The mammalian small RNA machinery and its role in antiviral defenses

哺乳动物小RNA机制及其在抗病毒防御中的作用

• 批准号: 8967559
• 负责人: Benjamin R. tenOever
• 金额: $ 41.83万
• 依托单位: ICAHN SCHOOL OF MEDICINE AT MOUNT SINAI
• 依托单位国家: 美国
• 财政年份: 2014
• 资助国家: 美国
• 起止时间: 2014-12-01 至 2019-11-30
• 项目状态: 已结题
• 来源: https://reporter.nih.gov/project-details/8967559
• 关键词: Address; Antiviral Agents; Antiviral Response; Area; Arthropods; Biogenesis; Biological Assay; Cell Nucleus; Cells; Cleaved cell; Complex; Cytoplasm; Data; Development; Disease; Embryo; Engineering; Eukaryotic Cell; Fibroblasts; Future; Genome; Grant; Health; Immune response; Infection; Interferons; Mammalian Cell; Mammals; Maps; Masks; Mass Spectrum Analysis; Mediating; Messenger RNA; MicroRNAs; Molecular; Molecular Biology; Mus; Nematoda; Pathogenicity; Pathway interactions; Pattern; Phenotype; Plants; Post-Translational Protein Processing; Poxviridae; Process; Proteins; RNA; RNA Interference; RNA Virus Infections; RNA Viruses; RNA-Induced Silencing Complex; Research; Research Proposals; Role; Signal Transduction Pathway; Small Interfering RNA; Small RNA; Stem cells; System; Therapeutic; Transcript; Transfection; Vaccinia virus; Viral Proteins; Viral load measurement; Virus; Virus Diseases; Virus Replication; antiviral immunity; base; combat; in vivo; novel; pathogen; response; type I interferon receptor; viral RNA

DESCRIPTION (provided by applicant): Understanding the molecular basis for why viruses cause disease is an essential requirement for future development of antiviral therapeutics. While we know a great deal about how viruses are recognized and the various ways in which they are combated, there are still vast areas of cellular antiviral immunity that remain unknown. This research proposal focuses on one such area. The central question being addressed in this proposal is whether small RNAs, or components of the mammalian small RNA machinery, contribute to the cellular response to infection. The importance of this question and the need to address it experimentally can be justified through extensive preliminary data that suggest a novel means to combat virus infection is present in mammalian cells but awaits characterization.

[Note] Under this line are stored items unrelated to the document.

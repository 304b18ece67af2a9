-- ===== src/Examples/Ids.antt =====
-- `SequenceCheck` and `AtemState` on concrete ids.
use atem_esp_idf.Prelude.{
  ℕ, [], ◌∷◌, ◌+◌, ◌/◌, ◌≡◌, ◌≤◌, ◌<◌, ◌↔◌, ◌⊎◌, refl, true, none, some, arith, replicate,
}
use atem_esp_idf.Prelude.Bits.{bit_all_ones}
use atem_esp_idf.Sequence.{
  SequenceCheck, init, add, get_missing, contains, nothing_missing, advance, mark, ahead, scan,
}
use atem_esp_idf.Sequence.Window.{IsValid}
use atem_esp_idf.Sequence.Add.{distance, AddsAhead, add-ahead}
use atem_esp_idf.Sequence.Cases.{add-none_iff}
use atem_esp_idf.Sequence.Missing.{
  Oldest, get_missing-Oldest, get_missing-add_gap, add-get_missing, next_id, gaps,
}
use atem_esp_idf.Sequence.Rollover.{add-get_missing_rollover, contains-get_missing}
use atem_esp_idf.Sequence.Stream.{add_all, ids_from, add_all-in_order}
use atem_esp_idf.State.{AtemState, set, unset}
use atem_esp_idf.State.Replay.{put_all}
use atem_esp_idf.State.Rollover.{put_all_rollover}

-- All of 100 and the 31 ids before it.
abbrev full : SequenceCheck
full = record { offset = 100; last_id = 100; received = 0xFFFFFFFF }

-- All but 98.
abbrev gap : SequenceCheck
gap = record { offset = 100; last_id = 100; received = 0xFFFFFFFB }

-- The head is at 2, and 32767 is missing.
abbrev rolled : SequenceCheck
rolled = record { offset = 2; last_id = 2; received = 0xFFFFFFF7 }

full-IsValid : IsValid full
full-IsValid = record { offset_fits = omega arith; received_fits = omega arith }

gap-IsValid : IsValid gap
gap-IsValid = record { offset_fits = omega arith; received_fits = omega arith }

rolled-IsValid : IsValid rolled
rolled-IsValid = record { offset_fits = omega arith; received_fits = omega arith }

add_test : add gap 103 ≡ some (true, record { offset = 103; last_id = 103; received = 0xFFFFFFD9 })
unfolding add advance ahead mark
add_test = refl

get_missing_test : get_missing gap ≡ 98
unfolding get_missing scan
get_missing_test = refl

get_missing-rolled : get_missing rolled ≡ 32767
unfolding get_missing scan
get_missing-rolled = refl

add-ahead_example : AddsAhead gap 103 3 (add gap 103)
add-ahead_example = add-ahead gap 103 gap-IsValid (omega arith) (omega arith)

add-none_iff_example :
    (add gap 5000 ≡ none) ↔ ((32 ≤ distance gap 5000) × ((5032 ≤ 100) ⊎ (100 < 5000)))
add-none_iff_example = add-none_iff gap 5000 gap-IsValid (omega arith)

get_missing-Oldest_example : Oldest gap 31 (get_missing gap)
get_missing-Oldest_example = get_missing-Oldest gap gap-IsValid

get_missing-add_gap_example :
    (s' : SequenceCheck) × (add full 103 ≡ some (true, s')) × (get_missing s' ≡ next_id full)
get_missing-add_gap_example =
    get_missing-add_gap full 103 full-IsValid (omega arith) (λ j h. bit_all_ones 32 j h)
      (omega arith) (omega arith)

gap_below : get_missing gap < 100
gap_below = omega (arith, get_missing_test)

add-get_missing_example :
    (s' : SequenceCheck) × (add gap (get_missing gap) ≡ some (true, s'))
    × IsValid s'
    × (s'.offset ≡ 100)
    × (gaps s' 31 + 1 ≡ gaps gap 31)
add-get_missing_example = add-get_missing gap gap-IsValid gap_below

add_all-in_order_example :
    (s : SequenceCheck) × (add_all init (ids_from 1 40000) ≡ some (replicate 40000 true, s))
    × (get_missing s ≡ nothing_missing)
add_all-in_order_example = add_all-in_order 40000

rolled_above : 2 < get_missing rolled
rolled_above = omega (arith, get_missing-rolled)

rolled_fits : get_missing rolled < 32768
rolled_fits = omega (arith, get_missing-rolled)

add-get_missing_rollover_example : add rolled (get_missing rolled) ≡ none
add-get_missing_rollover_example =
    add-get_missing_rollover rolled rolled-IsValid rolled_above rolled_fits

-- 98 was not received.
contains-get_missing_example : contains gap (get_missing gap) ≡ true
contains-get_missing_example =
    contains-get_missing gap gap-IsValid (omega (arith, get_missing_test))

abbrev none_yet : AtemState ℕ
none_yet = unset 0

abbrev at : ℕ → SequenceCheck
at id = record { offset = id; last_id = id; received = 0xFFFFFFFF }

abbrev old : AtemState ℕ
old = record { last_change_id = 32767; state = 10 }

-- The packet 32767 changed `old`; 32768 and 32770 come after the rollover.
put_all_rollover_example :
    (put_all old ((at 0, 20) ∷ (at 2, 30) ∷ []) ≡ old)
    × (((set (put_all old ((at 0, 20) ∷ (at 2, 30) ∷ [])) (at 1) 40).0 ≡ true)
        ↔ (32767 / 32768 ≡ 32769 / 32768))
put_all_rollover_example =
    put_all_rollover old 32767 ((at 0, 20) ∷ (at 2, 30) ∷ []) 32769 (at 1) 40 refl
      ((32768, refl, omega arith, omega arith), ((32770, refl, omega arith, omega arith), tt)) refl
      (omega arith) (omega arith)
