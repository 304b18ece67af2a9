-- ===== src/Examples/Stored.antt =====
-- Stored packets and `Reconnect_` on concrete inputs.
use atem_esp_idf.Prelude.{ℕ, true, ◌≡◌, refl, none, some, [], ◌∷◌, arith, length-replicate}
use atem_esp_idf.Buffer.{Bytes}
use atem_esp_idf.State.{is_valid}
use atem_esp_idf.Packet
use atem_esp_idf.Atem.Object.{Atem, cleared, free, find, Switcher}
use atem_esp_idf.Atem.Connection.{free_files, reconnect}
use atem_esp_idf.Atem.Task.{acknowledge, max_loops}
use atem_esp_idf.Atem.Handlers.Media.{clear_file}
use atem_esp_idf.Sequence.{SequenceCheck}
use atem_esp_idf.Atem.Names.{HasName, clear_file_stale}
use atem_esp_idf.Atem.Object.{sent}
use atem_esp_idf.Atem.Task.{on_resend}
use atem_esp_idf.Atem.Resend.Request.{IsRequest, IsPlaceholder, AreWhole, on_resend-first_with}
use atem_esp_idf.Atem.Resend.{acknowledge_lem}
use atem_esp_idf.Atem.Reset.{IsReset, reconnect-IsReset}
use atem_esp_idf.Examples.Packets.{world, session, zeros-length}

-- Packets with the ids 4 and 5.
abbrev fourth : Bytes
fourth = 8 ∷ 12 ∷ 128 ∷ 1 ∷ 0 ∷ 0 ∷ 0 ∷ 0 ∷ 0 ∷ 0 ∷ 0 ∷ 4 ∷ []

abbrev fifth : Bytes
fifth = 8 ∷ 12 ∷ 128 ∷ 1 ∷ 0 ∷ 0 ∷ 0 ∷ 0 ∷ 0 ∷ 0 ∷ 0 ∷ 5 ∷ []

fourth_id : Packet.get_id fourth ≡ some 4
unfolding Packet.get_id
fourth_id = refl

fifth_id : Packet.get_id fifth ≡ some 5
unfolding Packet.get_id
fifth_id = refl

abbrev far : Bytes
far = 8 ∷ 12 ∷ 128 ∷ 1 ∷ 0 ∷ 0 ∷ 0 ∷ 0 ∷ 0 ∷ 0 ∷ 127 ∷ 224 ∷ []

far_id : Packet.get_id far ≡ some 32736
unfolding Packet.get_id
far_id = refl

-- The ACK of 5 takes 32736, 37 before it, and 5.
acknowledge_lem_example :
    (acknowledge max_loops 5 (far ∷ fourth ∷ []) ≡ some (fourth ∷ []))
    × (acknowledge max_loops 5 (far ∷ fourth ∷ fifth ∷ far ∷ []) ≡ some (fourth ∷ far ∷ []))
acknowledge_lem_example =
    acknowledge_lem 5 (32736 ∷ 4 ∷ []) (far ∷ fourth ∷ []) (far ∷ []) fifth (omega arith)
      (omega arith, (λ e. absurd (omega arith)), (omega arith, (λ e. absurd (omega arith)), tt))
      (far_id, (fourth_id, refl)) fifth_id (omega arith)

-- A session with the name of the still 7 at the first block.
abbrev named : Atem
named = record session {
  switcher = record (cleared (some (b'a' ∷ 0 ∷ []) ∷ [])) {
    media_player_file = (7, record { last_change_id = 3; state = 1 }) ∷ [];
  };
}

named_freed : free_files named.switcher.media_player_file named.switcher.heap ≡ some (none ∷ [])
unfolding free_files free is_valid
named_freed = refl

reconnect-IsReset_example : (a' : Atem) × (reconnect world named ≡ some a') × IsReset a'
reconnect-IsReset_example =
    reconnect-IsReset world named 0 (none ∷ []) (λ n. length-replicate n 0) refl named_freed

-- The switcher of `named`, whose entry was last changed by the packet 3.
named-HasName : HasName named.switcher 7 0 (record { last_change_id = 3; state = 1 })
unfolding find is_valid
named-HasName = record {
  bytes = b'a' ∷ 0 ∷ [];
  found = refl;
  valid = refl;
  pointer = refl;
  live = refl;
}

abbrev pub packet_id : ℕ → SequenceCheck
packet_id id = record { offset = id; last_id = id; received = 0xFFFFFFFF }

clear_file_stale_example :
    (s' : Switcher) × (clear_file (packet_id 2) 7 named.switcher ≡ some s')
    × (clear_file (packet_id 5) 7 s' ≡ none)
clear_file_stale_example =
    clear_file_stale (packet_id 2) (packet_id 5) 7 0 named.switcher
      (record { last_change_id = 3; state = 1 }) named-HasName (omega arith)

-- The packets 4 and 5 are stored, and the packet 0 asks for 4.
abbrev storing : Atem
storing = record session { send_packets = fourth ∷ fifth ∷ [] }

abbrev asking_fourth : Bytes
asking_fourth = 64 ∷ 12 ∷ 128 ∷ 1 ∷ 0 ∷ 0 ∷ 0 ∷ 4 ∷ 0 ∷ 0 ∷ 0 ∷ 0 ∷ []

asking_fourth-IsRequest : IsRequest 0x8001 0 4 asking_fourth
unfolding Packet.get_flags Packet.get_session_id Packet.get_id Packet.get_resend_id
asking_fourth-IsRequest = record {
  flags = 8;
  flags_read = refl;
  requests = refl;
  session_read = refl;
  id_read = refl;
  asked_read = refl;
  session_fits = omega arith;
  asked_fits = omega arith;
}

storing-AreWhole : AreWhole storing.send_packets
unfolding Packet.get_length
storing-AreWhole = (refl, (refl, tt))

-- A header goes out for 4, and not the stored packet.
on_resend-first_with_example :
    (q : Bytes) × IsPlaceholder 0x8001 4 q
    × (on_resend world asking_fourth true storing ≡ some (record storing { log = sent q ∷ [] }))
on_resend-first_with_example =
    on_resend-first_with world zeros-length asking_fourth true storing 0x8001 0 4 (4 ∷ 5 ∷ []) refl
      asking_fourth-IsRequest (fourth_id, (fifth_id, refl)) storing-AreWhole (omega arith)
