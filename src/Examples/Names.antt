-- ===== src/Examples/Names.antt =====
-- A session that names a still twice.
use atem_esp_idf.Prelude.{ℕ, ◌≤◌, ◌++◌, replicate, ◌≡◌, refl, some, none, [], ◌∷◌, arith}
use atem_esp_idf.Buffer.{Bytes}
use atem_esp_idf.Sequence.{SequenceCheck}
use atem_esp_idf.Packet
use atem_esp_idf.Packet.Iterator.{begin}
use atem_esp_idf.Packet.Layout.{Laid}
use atem_esp_idf.Command
use atem_esp_idf.Command.{get_cmd, get_data, get_data_s, atem_cmd}
use atem_esp_idf.Sequence
use atem_esp_idf.State.{put, set, is_valid}
use atem_esp_idf.Buffer.Text.{strndup, strnlen, strlen, text_length}
use atem_esp_idf.Atem.Typed.Product.{ShowsText, session-ShowsText}
use atem_esp_idf.Atem.Getters.{get_product_id}
use atem_esp_idf.Atem.Events.{bit_of, event_product_id}
use atem_esp_idf.Atem.Handlers.Device.{on_pin}
use atem_esp_idf.Packet.Iterator.{for_commands, walk, next}
use atem_esp_idf.Atem.Handlers.Media.{on_mpfe, clear_file, store_file}
use atem_esp_idf.Atem.Object.{Switcher, cleared, find, assign, free, allocate}
use atem_esp_idf.Atem.Dispatch.{pin, kind_of, handle, on_command, parse_packet}
use atem_esp_idf.Atem.Owned.Session.{AreNamed, IsWhole, Packets, parse_packets, AreInOrder}
use atem_esp_idf.Atem.Object.{Atem, initial}
use atem_esp_idf.Atem.Sessions.{IsSession, IsEmpty, sessions, sessions-IsEmpty}
use atem_esp_idf.Examples.Packets.{world, zeros-length}
use atem_esp_idf.Examples.Stored.{packet_id}

-- "MPfe" of the still 7, with a name of two letters.
abbrev name_block : Bytes
name_block =
    0 ∷ 34 ∷ 0 ∷ 0 ∷ b'M' ∷ b'P' ∷ b'f' ∷ b'e' ∷ 0 ∷ 0 ∷ 0 ∷ 7 ∷ 1 ∷ 0 ∷ 0 ∷ 0 ∷ 0 ∷ 0 ∷ 0 ∷ 0 ∷ 0
    ∷ 0 ∷ 0 ∷ 0 ∷ 0 ∷ 0 ∷ 0 ∷ 0 ∷ 0 ∷ 0 ∷ 0 ∷ 2 ∷ b'a' ∷ b'b' ∷ []

abbrev name_packet : Bytes
name_packet = 8 ∷ 46 ∷ 128 ∷ 1 ∷ 0 ∷ 0 ∷ 0 ∷ 0 ∷ 0 ∷ 0 ∷ 0 ∷ 9 ∷ name_block

name_packet-Laid : Laid name_packet begin (name_block ∷ []) 46
name_packet-Laid = (λ j h. ground arith, refl)

name_packet-AreNamed : AreNamed name_packet begin (name_block ∷ [])
unfolding get_cmd kind_of get_data
name_packet-AreNamed =
    ((atem_cmd b'M' b'P' b'f' b'e', refl, (omega arith, (2, refl, omega arith))), tt)

name_packet-IsWhole : IsWhole name_packet
unfolding Packet.get_length
name_packet-IsWhole = record {
  end = 46;
  commands = name_block ∷ [];
  own_length = refl;
  fits = omega arith;
  are_commands = (record { has_length = omega arith; own_length = refl }, tt);
  laid = name_packet-Laid;
  named = name_packet-AreNamed;
}

-- Packets 4 and 5.
abbrev names : Packets
names = (packet_id 4, name_packet) ∷ (packet_id 5, name_packet) ∷ []

names-AreInOrder : AreInOrder (packet_id 0) names
names-AreInOrder = (
  omega arith,
  (omega arith, (name_packet-IsWhole, (omega arith, (omega arith, (name_packet-IsWhole, tt))))),
)

-- After the two packets: the first name is freed.
abbrev named_twice : Switcher
named_twice = record (cleared (none ∷ some (b'a' ∷ b'b' ∷ []) ∷ [])) {
  media_player_file = (7, record { last_change_id = 5; state = 2 }) ∷ [];
}

names_parsed : parse_packets names (cleared []) ≡ some named_twice
unfolding parse_packet on_command kind_of handle on_mpfe clear_file store_file for_commands walk
    next Command.get_length get_cmd get_data get_data_s Packet.get_length find assign free allocate
    strndup strnlen put set is_valid Sequence.is_newer
names_parsed = refl

names-IsSession : IsSession names
names-IsSession = record {
  before = packet_id 0;
  in_order = names-AreInOrder;
  of_bytes = (omega arith, ground arith, (omega arith, ground arith, tt));
}

abbrev empty : Atem
empty = record (initial 0) { switcher = cleared [] }

-- The same session twice.
sessions-IsEmpty_example :
    (a' : Atem) × (sessions world (names ∷ names ∷ []) empty ≡ some a') × IsEmpty a'
sessions-IsEmpty_example =
    sessions-IsEmpty world zeros-length (names ∷ names ∷ []) empty
      (names-IsSession, (names-IsSession, tt))
      (record { heap = []; empty = refl; none_live = λ k. refl })

-- A command _pin, with a text of 44 bytes.
abbrev pin_command : Bytes
pin_command = 0 ∷ 52 ∷ 0 ∷ 0 ∷ b'_' ∷ b'p' ∷ b'i' ∷ b'n' ∷ (replicate 44 b'A' ++ 0 ∷ [])

-- The switcher after it.
abbrev with_product : Switcher
with_product = record named_twice { product_id = replicate 44 b'A' ++ 0 ∷ [] }

pin_handled :
    handle (packet_id 6) pin_command pin 0 named_twice
    ≡ some (bit_of event_product_id, with_product)
unfolding handle on_pin strlen text_length
pin_handled = refl

session-ShowsText_example :
    ((n : ℕ) × (strlen (get_product_id named_twice) 0 ≡ some n) × (n ≤ 44))
    × ShowsText pin_command 8 (get_product_id with_product)
session-ShowsText_example =
    session-ShowsText names [] named_twice (packet_id 6) pin_command 0 (bit_of event_product_id)
      with_product (omega arith, ground arith, (omega arith, ground arith, tt)) (ground arith)
      names_parsed pin_handled
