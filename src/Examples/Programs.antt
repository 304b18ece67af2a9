-- ===== src/Examples/Programs.antt =====
-- The example programs on concrete inputs.
use atem_esp_idf.Prelude.{ℕ, zero, suc, ◌≡◌, refl, true, false, some, [], ◌∷◌, arith, ◌&&◌}
use atem_esp_idf.Buffer.{AreBytes}
use atem_esp_idf.State.{is_valid}
use atem_esp_idf.Types.{MixEffect, mix_effect_new}
use atem_esp_idf.Atem.Object.{Atem}
use atem_esp_idf.Atem.Getters.{get_preview_input, is_connected}
use atem_esp_idf.Atem.Vector.{read_at}
use atem_esp_idf.Apps.Boot.{set_ps}
use atem_esp_idf.Apps.PreviewTurn.{Previews, turn_lem}
use atem_esp_idf.Apps.Wifi.{
  System, Reach, start, next, by_handler, by_command, got_ip, handler_step, command_step, boot,
  clear_disconnected, set_connected, clearing,
}
use atem_esp_idf.Apps.WifiBits.{PromptFits, Reach-PromptFits}
use atem_esp_idf.Examples.Packets.{world, session, zeros, zeros-length}

zeros-AreBytes : (n : ℕ) → AreBytes (zeros n)
zeros-AreBytes zero = tt
zeros-AreBytes (suc n) = (omega arith, zeros-AreBytes n)

-- The source 3 is on the preview of the first mix effect.
abbrev previewing : MixEffect
previewing = record mix_effect_new { preview = record { last_change_id = 9; state = 3 } }

abbrev switching : Atem
switching = record session { switcher = record session.switcher { mix_effect = previewing ∷ [] } }

switching_connected : is_connected switching ≡ true
unfolding is_connected
switching_connected = refl

switching_known : get_preview_input switching.switcher 0 ≡ some 3
unfolding get_preview_input read_at is_valid
switching_known = refl

turn_lem_example : Previews world true 0 3 switching
turn_lem_example =
    turn_lem world zeros-length zeros-AreBytes true 0 3 switching switching_connected
      switching_known (omega arith)

-- The command `wifi` while the Wi-Fi is connected, before it clears the first bit.
abbrev rejoining : System
rejoining = record boot {
  wifi = record { connected = true; disconnected = false; reconnect = false; calls = set_ps ∷ [] };
  prompt = clearing;
}

rejoining_reached : Reach rejoining
unfolding handler_step command_step clear_disconnected set_connected
rejoining_reached =
    next
      (next (next (next (next start (by_handler got_ip)) (by_handler got_ip)) by_command)
        by_command)
      by_command

Reach-PromptFits_example :
    ((rejoining.wifi.connected && rejoining.wifi.disconnected) ≡ false)
    × PromptFits rejoining.prompt rejoining.wifi
Reach-PromptFits_example = Reach-PromptFits rejoining rejoining_reached
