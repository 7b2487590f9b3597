-- ===== src/SocketTypes/Tests.antt =====
-- Runs of the tables of socket types, and the theorems at a type.
use general_tools.Common.{◌≡◌, refl, some, none, true, codes, text_eq}
use general_tools.SocketTypes.{from_name, can_connect}

unknown_name : from_name (codes "NONE") ≡ none
unfolding from_name text_eq
unknown_name = refl

connect_runs : (can_connect 1 2 ≡ some true) × (can_connect 12 1 ≡ none)
unfolding can_connect
connect_runs = (refl, refl)
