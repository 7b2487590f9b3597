-- ===== src/Topic/Path.antt =====
-- The parts of the full name.
use general_tools.Common.{
  ◌≡◌, refl, ◌∙◌, Bool, true, false, ◌||◌, List, [], ◌∷◌, ◌++◌, Text, if◌then◌else◌, is_empty,
  arith, append_assoc,
}
use general_tools.Topic.{Topic, slash, ends_open, append_part, str}

-- The parts that are not empty, with a slash between each two.
abbrev pub join : List Text → Text
join [] = []
join (p ∷ ps) =
    if is_empty p then join ps else if is_empty (join ps) then p else p ++ (slash ∷ join ps)

ends_open-append : (s p : Text) → ends_open p ≡ true → ends_open (s ++ p) ≡ true
ends_open-append [] p e = e
ends_open-append (c ∷ []) [] e = absurd (ground (arith, e))
ends_open-append (c ∷ []) (d ∷ p) e = e
ends_open-append (c ∷ d ∷ s) p e = ends_open-append (d ∷ s) p e

-- A text that is empty or does not end in a slash.
abbrev pub open_or_empty : Text → Bool
open_or_empty s = is_empty s || ends_open s

append_part-empty : (s : Text) → append_part s [] ≡ s
unfolding append_part
append_part-empty s = refl

append_part-open :
    (s p : Text) → is_empty p ≡ false → ends_open s ≡ true → append_part s p ≡ s ++ (slash ∷ p)
unfolding append_part
append_part-open [] p filled e = absurd (ground (arith, e))
append_part-open (c ∷ s) [] filled e = absurd (ground (arith, filled))
append_part-open (c ∷ s) (d ∷ p) filled e = ground (arith, e)

append_part-start : (p : Text) → append_part [] p ≡ p
unfolding append_part
append_part-start [] = refl
append_part-start (c ∷ p) = refl

join-parts :
    (d n t : Text)
    → open_or_empty d ≡ true
    → open_or_empty n ≡ true
    → append_part (append_part (if is_empty d then [] else d) n) t ≡ join (d ∷ n ∷ t ∷ [])
join-parts [] [] [] device node = append_part-empty (append_part [] []) ∙ append_part-start []
join-parts [] (c ∷ n) [] device node =
    append_part-empty (append_part [] (c ∷ n)) ∙ append_part-start (c ∷ n)
join-parts [] [] (x ∷ t) device node = rw (append_part-start []) (append_part-start (x ∷ t))
join-parts [] (c ∷ n) (x ∷ t) device node =
    rw (append_part-start (c ∷ n)) (append_part-open (c ∷ n) (x ∷ t) refl node)
join-parts (e ∷ d) [] [] device node =
    append_part-empty (append_part (e ∷ d) []) ∙ append_part-empty (e ∷ d)
join-parts (e ∷ d) [] (x ∷ t) device node =
    rw (append_part-empty (e ∷ d)) (append_part-open (e ∷ d) (x ∷ t) refl device)
join-parts (e ∷ d) (c ∷ n) [] device node =
    append_part-empty (append_part (e ∷ d) (c ∷ n)) ∙ append_part-open (e ∷ d) (c ∷ n) refl device
join-parts (e ∷ d) (c ∷ n) (x ∷ t) device node =
    let joined = append_part-open (e ∷ d) (c ∷ n) refl device in
    rw joined (
      append_part-open (e ∷ d ++ (slash ∷ c ∷ n)) (x ∷ t) refl
        (ends_open-append (e ∷ d) (slash ∷ c ∷ n) node)
      ∙ append_assoc (e ∷ d) (slash ∷ c ∷ n) (slash ∷ x ∷ t))

-- The full name is the parts with a slash between each two of them: empty parts are left out with
-- their slash, where the device's and the node's name do not end in a slash of their own.
pub str-join :
    (t : Topic)
    → open_or_empty t.device_name ≡ true
    → open_or_empty t.node_name ≡ true
    → str t ≡ join (t.device_name ∷ t.node_name ∷ t.topic ∷ [])
unfolding str
str-join t device node = join-parts t.device_name t.node_name t.topic device node
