-- ===== src/Topic/Tests.antt =====
-- Runs of the full name.
use general_tools.Common.{◌≡◌, refl, codes}
use general_tools.Topic.{str, append_part}

str_runs :
    (str (record { device_name = codes "robot"; node_name = codes "cam"; topic = codes "image" })
      ≡ codes "robot/cam/image")
    × (str (record { device_name = codes ""; node_name = codes "cam/"; topic = codes "image" })
        ≡ codes "cam/image")
unfolding str append_part
str_runs = (refl, refl)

In an effort to understand the interplay between the small RNA pathway of mammals and the response to virus infection we have discovered the potency by which the RNA induced silencing complex (RISC) can inhibit virus replication, isolated the first mammalian virus protein which inhibits RISC function, and found that Drosha, a key player in small RNA biogenesis, actively translocates to the cytoplasm during RNA virus infection. Taken together, we believe this research provides compelling evidence for an unappreciated small RNA-mediated antiviral response in mammals. Here we propose to use the virus antagonist to RISC (called VP55) to define the small RNA response to infection in vivo as well as characterize how Drosha participates in this antiviral activity. The overall objective of this proposal is to delineate howthe small RNA pathway contributes to our response to virus infection.

描述（由申请人提供）：了解病毒引起疾病的分子基础是未来开发抗病毒疗法的基本要求。尽管我们对病毒的识别方式以及对抗病毒的各种方式了解很多，但细胞抗病毒免疫仍有大量领域仍不清楚。本研究提案重点关注这样一个领域。该提案要解决的核心问题是小RNA或哺乳动物小RNA机器的组成部分是否有助于细胞对感染的反应。这个问题的重要性以及通过实验解决这个问题的必要性可以通过大量的初步数据来证明，这些数据表明哺乳动物细胞中存在一种对抗病毒感染的新方法，但有待表征。为了了解哺乳动物的小RNA途径与对病毒感染的反应之间的相互作用，我们发现了RNA诱导沉默复合物（RISC）抑制病毒复制的效力，分离了第一个抑制RISC功能的哺乳动物病毒蛋白，并发现小RNA生物发生的关键参与者Drosha在RNA病毒感染期间主动易位到细胞质。总而言之，我们相信这项研究为哺乳动物中未被重视的小 RNA 介导的抗病毒反应提供了令人信服的证据。在这里，我们建议使用 RISC 的病毒拮抗剂（称为 VP55）来定义小 RNA 对体内感染的反应，并描述 Drosha 如何参与这种抗病毒活性。该提案的总体目标是描述小 RNA 途径如何有助于我们对病毒感染的反应。